PG- Ridnour, Armstrong
SG- T-Mac, Giricek, Sasser
SF- Giricek, Garrity, Sasser, Hill?
PF- Gooden, Garrity, Hunter
C- Clark, Hunter, DeClerq

That's a top-notch team in the east :yes:


----------



## Dragnsmke1 (Jul 29, 2002)

Maybe its time to trade him and get 2 allstars in return...:whoknows:


----------



## Yyzlin (Feb 2, 2003)

Horace Grant is not gonna play for Rivers again after their incident this season.


----------



## Reece Gaines (Feb 8, 2003)

I don't know but everyone has to work as a team next year?
In the playoff's they finnaly starting working as a team, then the last two games mcgrady had to do it all.

He also had to do it in the season! so hopefully they can work as a team to the beginning through the end!

But Rivers shouldn't have traded Miller(Mcgrady's Best Friend) thats when the team started to do bad then they got to know each other and they started to like each other

T-MAC=03-04 Mvp Award


----------



## JNice (Jul 13, 2002)

> Originally posted by <b>Reece Gaines</b>!
> 
> 
> But Rivers shouldn't have traded Miller(Mcgrady's Best Friend) thats when the team started to do bad then they got to know each other and they started to like each other
> ...


I dont know what you were watching, but IMO Orlando become a much better team after the trade. Giricek was nearly matching Miller's output himself, then add Gooden.

I think near the end of the season you could really start to see a relationship developing between Tmac and the two rooks. 

Miller was a good player, but getting two quality starters for one quality starters is always a good move, especially with a team that doesnt have nearly any depth.


----------



## DownUnderWonder (May 27, 2003)

Long term it was a better prospect, still sad to lose miller


----------



## ErikDaniels14UK (Dec 8, 2002)

I hope we do better next year?


----------



## MiamiHeat03 (Mar 28, 2003)

They really need a defensive center or a skilled PG.Hill wont come bck.If he does then it'll be a miracle.He should retire already so that magic could use the money to go get someone in free angency like Jermaine oneal.Why bother waiting for Hill to come back,He wont come back.

Like someone mention here try to get ratliff in a trade.

Gooden will explode this year so get ready to see a different team.
Ready to make some noise.


----------



## DownUnderWonder (May 27, 2003)

> Originally posted by <b>MiamiHeat03</b>!
> 
> Gooden will explode this year so get ready to see a different team.
> Ready to make some noise.


ooh yes, and it will be a mighty frightening sight. I seriously think he will join Amare as the Shawn Kemp (of the golden era) impersinators. Watch this space


----------



## grizzoistight (Jul 16, 2002)

*tmac does need help ill agree on that*

but he also needs to quit runnin his mout to the other team in the playoffs.. and pissing them off..
that and shooting in the low 30% range the last 3 games might help..


----------



## JNice (Jul 13, 2002)

*Re: tmac does need help ill agree on that*



> Originally posted by <b>grizzoistight</b>!
> but he also needs to quit runnin his mout to the other team in the playoffs.. and pissing them off..
> that and shooting in the low 30% range the last 3 games might help..

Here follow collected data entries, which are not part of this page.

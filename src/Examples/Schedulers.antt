-- ===== src/Examples/Schedulers.antt =====
-- Recoveries, ticks and several schedulers over one database in memory.
use schedule.Base.{
  Error, err, ℕ, ◌≡◌, refl, ◌⊎◌, true, Option, none, some, List, [], ◌∷◌, Text, codes, pos, map, ok,
  text_eq, has_prefix, contains,
}
use schedule.Types.{JobConfig, BoundedWindow, bounded_window, skip}
use schedule.Storage
use schedule.Job.{Job, RunsAmong}
use schedule.Dispatch.{Node}
use schedule.Dispatch.Creates.{CreatesOnce, RefusesStored}
use schedule.Dispatch.Once.{Ends}
use schedule.Recovery.{apply_strategy}
use schedule.Recovery.Once.{apply_strategy-Ends}
use schedule.Recovery.Complete.{EndsComplete, apply_strategy_complete}
use schedule.Recovery.Window.{RunsChosen, apply_strategy-Chosen}
use schedule.Scheduler.{loaded, handle_job_trigger}
use schedule.Scheduler.Trigger.{Creates, handle_job_trigger_overlap}
use schedule.Scheduler.Cluster.{
  Event, tick, recover, take_task, Cluster, run_cluster, EndsOnce, run_cluster-IsOnce,
}
use schedule.Badger.Keys.{occurrence_key}
use schedule.Badger.Records.{create_record, list_records}
use schedule.Badger.Operations.{badger_storage, list_running_occurrences, create_job_occurrence}
use schedule.Examples.Stores.{stored}
use schedule.Badger.Once.{badger_creates_once, NeverFails, badger_refuses_stored}
use schedule.Samples.Memory.{memory, memory-laws, memory_reads, empty_memory}
use schedule.Samples.Encoding.{sample_json}
use schedule.Examples.Jobs.{plain, in_steps, world_outside, store, before}

abbrev once : CreatesOnce store
once = badger_creates_once memory memory-laws sample_json

abbrev idle : Node store
idle = record { world = before; pool_started = true; task_queue = []; submitted = [] }

abbrev no_bytes : JobConfig → Option Text
no_bytes config = none

apply_strategy-Ends_example :
    Ends store once idle
      (apply_strategy store world_outside plain in_steps (1000000000 ∷ 2000000000 ∷ []) idle)
apply_strategy-Ends_example =
    apply_strategy-Ends store once world_outside plain in_steps (1000000000 ∷ 2000000000 ∷ []) idle

abbrev last_two : BoundedWindow
last_two = record { max_occurrences = pos 2; max_duration = pos 30 }

abbrev windowed : Job
windowed = record in_steps {
  config = record in_steps.config {
    recovery_strategy = bounded_window;
    bounded_window = some last_two;
  };
}

apply_strategy-Chosen_example :
    RunsChosen store world_outside plain last_two windowed
      (60 ∷ 80 ∷ 90 ∷ 95 ∷ [])
      idle
      (apply_strategy store world_outside plain windowed (60 ∷ 80 ∷ 90 ∷ 95 ∷ []) idle)
apply_strategy-Chosen_example =
    apply_strategy-Chosen store world_outside plain last_two windowed (60 ∷ 80 ∷ 90 ∷ 95 ∷ []) idle
      refl refl

-- Two nodes whose pools are started, and one occurrence that both of them want to run.
abbrev two_nodes : Cluster store
two_nodes = record { state = before.state; node = λ i. idle; history = [] }

abbrev both : List (ℕ × Event)
both =
    (0, tick in_steps 1000000000)
    ∷ (1, tick in_steps 1000000000)
    ∷ (0, take_task)
    ∷ (1, recover in_steps (1000000000 ∷ 2000000000 ∷ []))
    ∷ []

abbrev names : ℕ → Text
names k = k ∷ []

run_cluster-IsOnce_example :
    EndsOnce store world_outside plain no_bytes names once
      (run_cluster store world_outside plain no_bytes names both two_nodes)
run_cluster-IsOnce_example =
    run_cluster-IsOnce store world_outside plain no_bytes names once both two_nodes
      (record { distinct = tt; stored = tt })

no_runs : store.list_running_occurrences before.state ≡ ok []
unfolding before badger_storage list_running_occurrences list_records stored create_job_occurrence
    create_record empty_memory memory sample_json has_prefix occurrence_key text_eq contains
no_runs = refl

handle_job_trigger_overlap_example :
    let result =
      handle_job_trigger store world_outside plain no_bytes (codes "a") in_steps 1000000000 idle in
    (((e : Error) × (store.list_running_occurrences idle.world.state ≡ err e))
      × (result ≡ some idle))
    ⊎ ((os : List Storage.JobOccurrence) × (store.list_running_occurrences idle.world.state ≡ ok os)
        × (let overlaps =
              RunsAmong in_steps.id (map loaded os) × (in_steps.config.overlap_policy ≡ skip) in
            (overlaps × (result ≡ some idle))
            ⊎ ((overlaps → ⊥)
                × Creates store world_outside plain no_bytes
                    (codes "a")
                    in_steps
                    1000000000
                    idle
                    result)))
handle_job_trigger_overlap_example =
    handle_job_trigger_overlap store world_outside plain no_bytes (codes "a") in_steps 1000000000
      idle

-- Nothing but an occurrence that is there makes a create fail.
never_fails : NeverFails memory memory-laws sample_json
unfolding memory sample_json
never_fails = record {
  reads = memory_reads;
  writes = λ key v e db h. cc (h);
  encodes = λ o h. cc (h);
}

store_refuses : RefusesStored store once
store_refuses = badger_refuses_stored memory memory-laws sample_json never_fails

apply_strategy_complete_example :
    EndsComplete store once store_refuses world_outside plain in_steps
      (1000000000 ∷ 2000000000 ∷ [])
      idle
      (apply_strategy store world_outside plain in_steps (1000000000 ∷ 2000000000 ∷ []) idle)
apply_strategy_complete_example =
    apply_strategy_complete store once store_refuses world_outside plain in_steps
      (1000000000 ∷ 2000000000 ∷ []) idle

Here we go again ... just couldn't wait to get in and get some heat on Tmac. Very, very sad.

Tmac is just fine.


----------



## TheRifleman (May 20, 2002)

*BTW - welcome to BBB !!!*



> Originally posted by <b>MagicStick</b>!
> My First Post!!! Woo-Hoo!
> 
> The Magic are set with T-Mac, Giricek, and Gooden as starters. If Hill is ever healthy again he will be the sixth-man. In order for the Magic to succeed they need to draft a pg (either Ridnour or Gaines probably) plus sign a center with the mid-level exception. Some possibilities include Keon Clark, PJ Brown, and Brad Miller.
> ...


I don't think that is a top notch team - even in the east.

TMac needs some big time help at the Center, shooting guard, and point guard positions.

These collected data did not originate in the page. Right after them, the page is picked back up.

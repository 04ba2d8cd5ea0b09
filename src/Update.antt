-- ===== src/Update.antt =====
-- update/update.go: the update of a stored job with its expected version. A write before an error
-- stays; the two functions that serialize a configuration return empty bytes.
pub mod Diff
pub mod Version
use schedule.Base.{
  ℕ, suc, ◌+◌, ◌==◌, Bool, ◌&&◌, Option, none, some, List, [], ◌∷◌, Text, Result, ok, err, Error,
  not_found, version_mismatch, ltb, if◌then◌else◌,
}
use schedule.Ticker.Window.{Time}
use schedule.Ticker.Any.{Ticker}
use schedule.Types.{JobStatus, JobConfig, UpdatePolicy, immediate, graceful, windowed, other_update}
use schedule.Storage.{Storage}
use schedule.Storage
use schedule.Job.{Task}
use schedule.Executor.{Env, World}

pub record JobUpdate : Type 0 where
  pub job_id : Text
  pub expected_version : ℕ
  pub new_config : Option JobConfig
  pub new_ticker : Option Ticker
  pub added_tasks : List Task
  pub removed_task_ids : List Text
  pub updated_tasks : List Task
  pub policy : UpdatePolicy

-- `serializeConfig`
serialize_config : JobConfig → Text
serialize_config config = []

abbrev week : ℕ
week = 604800000000000

earlier : Time → Option Time → Option Time
earlier t none = some t
earlier t (some b) = if ltb t b then some t else some b

-- The earliest time after `now`.
earliest : Time → List Storage.JobOccurrence → Option Time → Option Time
unfolding earlier
earliest now [] best = best
earliest now (o ∷ os) best =
    let taken = earliest now os (earlier o.scheduled_time best) in
    let passed = earliest now os best in if ltb now o.scheduled_time then taken else passed

module _ (st : Storage) (env : Env) where
  abbrev pub Stepped : Type 0
  Stepped = World st × Option Error

  -- `if err := ...; err != nil { return err }`
  unfoldable pub and_then : Stepped → (World st → Stepped) → Stepped
  and_then (w, none) rest = rest w
  and_then (w, some e) rest = (w, some e)

  unfoldable pub write : Result st.State → World st → Stepped
  write (ok s) w = (record w { state = s }, none)
  write (err e) w = (w, some e)

  abbrev pub later : ℕ → World st → World st
  later n w = record w { asked = w.asked + n }

  unfoldable pub added : Text → Task → World st → Storage.Task
  added job_id task w = record {
    id = task.id;
    job_id = job_id;
    name = task.name;
    config = [];
    order = task.order;
    created_at = env.clock w.asked;
    updated_at = env.clock (w.asked + 1);
  }

  unfoldable pub add_tasks : Text → List Task → World st → Stepped
  add_tasks job_id [] w = (w, none)
  add_tasks job_id (task ∷ tasks) w =
      and_then (write (st.create_task (added job_id task w) w.state) (later 2 w))
        (λ v. add_tasks job_id tasks v)

  unfoldable pub remove_tasks : List Text → World st → Stepped
  remove_tasks [] w = (w, none)
  remove_tasks (id ∷ ids) w =
      and_then (write (st.delete_task id w.state) w) (λ v. remove_tasks ids v)

  unfoldable pub update_tasks : List Task → World st → Stepped
  update_tasks [] w = (w, none)
  update_tasks (task ∷ tasks) w = elim (st.get_task task.id w.state) [
    | err e ↦ (w, some e)
    | ok none ↦ (w, some (not_found task.id))
    | ok (some old) ↦
        let changed = record old {
          name = task.name;
          config = [];
          order = task.order;
          updated_at = env.clock w.asked;
        } in
        and_then (write (st.update_task (env.clock (w.asked + 1)) changed w.state) (later 2 w))
          (λ v. update_tasks tasks v)
  ]

  -- The pending occurrences with a time that the test admits are canceled, up to an error.
  unfoldable pub cancel_those : (Time → Bool) → List Storage.JobOccurrence → World st → Stepped
  cancel_those test [] w = (w, none)
  cancel_those test (o ∷ os) w =
      let canceled = record o { status = JobStatus.canceled; updated_at = env.clock w.asked } in
      let now = env.clock (w.asked + 1) in
      if test o.scheduled_time
      then and_then (write (st.update_job_occurrence now canceled w.state) (later 2 w))
          (λ v. cancel_those test os v)
      else cancel_those test os w

  unfoldable pub apply_immediate_update : Text → Time → World st → Stepped
  apply_immediate_update id now w = elim (st.list_pending_occurrences id w.state) [
    | err e ↦ (w, some e)
    | ok os ↦ cancel_those (λ t. ltb now t) os w
  ]

  unfoldable pub apply_graceful_update : Text → Time → World st → Stepped
  unfolding earliest
  apply_graceful_update id now w = elim (st.list_pending_occurrences id w.state) [
    | err e ↦ (w, some e)
    | ok os ↦ elim (earliest now os none) [
      | none ↦ apply_immediate_update id now w
      | some next ↦ cancel_those (λ t. ltb next t) os w
    ]
  ]

  unfoldable pub apply_windowed_update : Text → Time → World st → Stepped
  apply_windowed_update id now w = elim (st.list_pending_occurrences id w.state) [
    | err e ↦ (w, some e)
    | ok os ↦ cancel_those (λ t. ltb now t && ltb t (now + week)) os w
  ]

  by_policy : UpdatePolicy → Text → Time → World st → Stepped
  by_policy immediate id now w = apply_immediate_update id now w
  by_policy graceful id now w = apply_graceful_update id now w
  by_policy windowed id now w = apply_windowed_update id now w
  by_policy other_update id now w = apply_immediate_update id now w

  unfoldable pub apply_schedule_update : Text → JobUpdate → World st → Stepped
  unfolding by_policy
  apply_schedule_update job_id u w = elim u.new_ticker [
    | none ↦ (w, none)
    | some t ↦ by_policy u.policy job_id (env.clock w.asked) (later 1 w)
  ]

  unfoldable pub apply_update_transaction : Storage.Job → JobUpdate → World st → Stepped
  apply_update_transaction job u w =
      and_then (write (st.update_job (env.clock w.asked) job w.state) (later 1 w)) (λ w1.
        and_then (add_tasks u.job_id u.added_tasks w1) (λ w2.
          and_then (remove_tasks u.removed_task_ids w2) (λ w3.
            and_then (update_tasks u.updated_tasks w3) (λ w4. apply_schedule_update job.id u w4))))

  -- The job with its new version.
  unfoldable pub raised : Storage.Job → JobUpdate → Time → Storage.Job
  unfolding serialize_config
  raised job u now = record job {
    config = elim u.new_config [ none ↦ job.config | some c ↦ serialize_config c ];
    version = suc job.version;
    updated_at = now;
  }

  unfoldable pub apply_update : JobUpdate → World st → Stepped
  apply_update u w = elim (st.get_job u.job_id w.state) [
    | err e ↦ (w, some e)
    | ok none ↦ (w, some (not_found u.job_id))
    | ok (some job) ↦
        if job.version == u.expected_version
        then apply_update_transaction (raised job u (env.clock w.asked)) u (later 1 w)
        else (w, some (version_mismatch u.expected_version job.version))
  ]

TMac should be playing the small forward and Giricek can be a back up #2 guard and sf.

Armstrong is done - put a fork in that OLDER than his age body!

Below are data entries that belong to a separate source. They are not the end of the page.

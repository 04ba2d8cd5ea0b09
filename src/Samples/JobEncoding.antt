-- ===== src/Samples/JobEncoding.antt =====
-- The encoding with stored jobs as well.
use schedule.Base.{◌≡◌, refl, sym, ap, ◌∙◌, some-injective, some, [], ◌∷◌, Text}
use schedule.Storage.{Job}
use schedule.Badger.Database.{Codec, IsFaithful}
use schedule.Badger.Operations.{Json}
use schedule.Samples.Encoding.{
  Parser, ◌>>=◌, step, pure, put_text, text, text-put, number, put_bool, bool, bool-put, put_option,
  option, option-put, whole, push, sample_json,
}

put_job : Job → Text
put_job j = put_text j.id (
    put_text j.name (
      put_text j.schedule_type (
        put_text j.schedule_config (
          put_text j.config (
            j.version
            ∷ put_bool j.active (
                put_bool j.paused
                  (put_option j.last_run_time (j.created_at ∷ j.updated_at ∷ []))))))))

job : Parser Job
job = do
  id ← text
  name ← text
  schedule_type ← text
  schedule_config ← text
  config ← text
  version ← number
  active ← bool
  paused ← bool
  last_run_time ← option
  created_at ← number
  updated_at ← number
  pure (record {
    id = id;
    name = name;
    schedule_type = schedule_type;
    schedule_config = schedule_config;
    config = config;
    version = version;
    active = active;
    paused = paused;
    last_run_time = last_run_time;
    created_at = created_at;
    updated_at = updated_at;
  })

job-put : (j : Job) → job (put_job j) ≡ some (j, [])
unfolding job put_job number
job-put j = step _ _ (text-put j.id _) (
    step _ _ (text-put j.name _) (
      step _ _ (text-put j.schedule_type _) (
        step _ _ (text-put j.schedule_config _) (
          step _ _ (text-put j.config _) (
            step _ _ refl (
              step _ _ (bool-put j.active _) (
                step _ _ (bool-put j.paused _) (
                  step _ _ (option-put j.last_run_time _)
                    (step _ _ refl (step _ _ refl refl))))))))))

unfoldable pub job_codec : Codec Job
unfolding ◌>>=◌ job put_job whole number text option bool put_text put_option put_bool push
job_codec = record { marshal = λ j. some (put_job j); unmarshal = λ t. whole (job t) }

unfoldable pub job_json : Json
unfolding job_codec
job_json = record sample_json { job = job_codec }

pub job_json-faithful : IsFaithful job_json.job
unfolding job_json job_codec
job_json-faithful j d h =
    ap (λ t. whole (job t)) (sym (some-injective _ _ h)) ∙ ap whole (job-put j)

Sasser is a walking disaster - get rid of him - SOON!

Gooden is a keeper. 

Now IF the Magic can lure a pf like PJ Brown, 
a center like Brad Miller, 
and a sg/point guard combo like Antonio Daniels - 
then TMac would have what he should have had all along in Magicland - real players instead of so many CBA players to haul around on his sore back.


----------



## Nikos (Jun 5, 2002)

I agree, Tmac really needs help.

With Grant Hill gone I don't think he will get much of it.

Gooden and Giricek are solid but not exactly excellent second options. Magic need one quality BIG man or an above average PG if they want to improve next season.

If Gooden turns into an All Star type of big man and Giricek continues to improve then the Magic are OK. But if not the Magic are no better than last seasons team.


----------



## TheRifleman (May 20, 2002)

> Originally posted by <b>Nikos</b>!
> I agree, Tmac really needs help.
> 
> With Grant Hill gone I don't think he will get much of it.
> ...


Exactly!


----------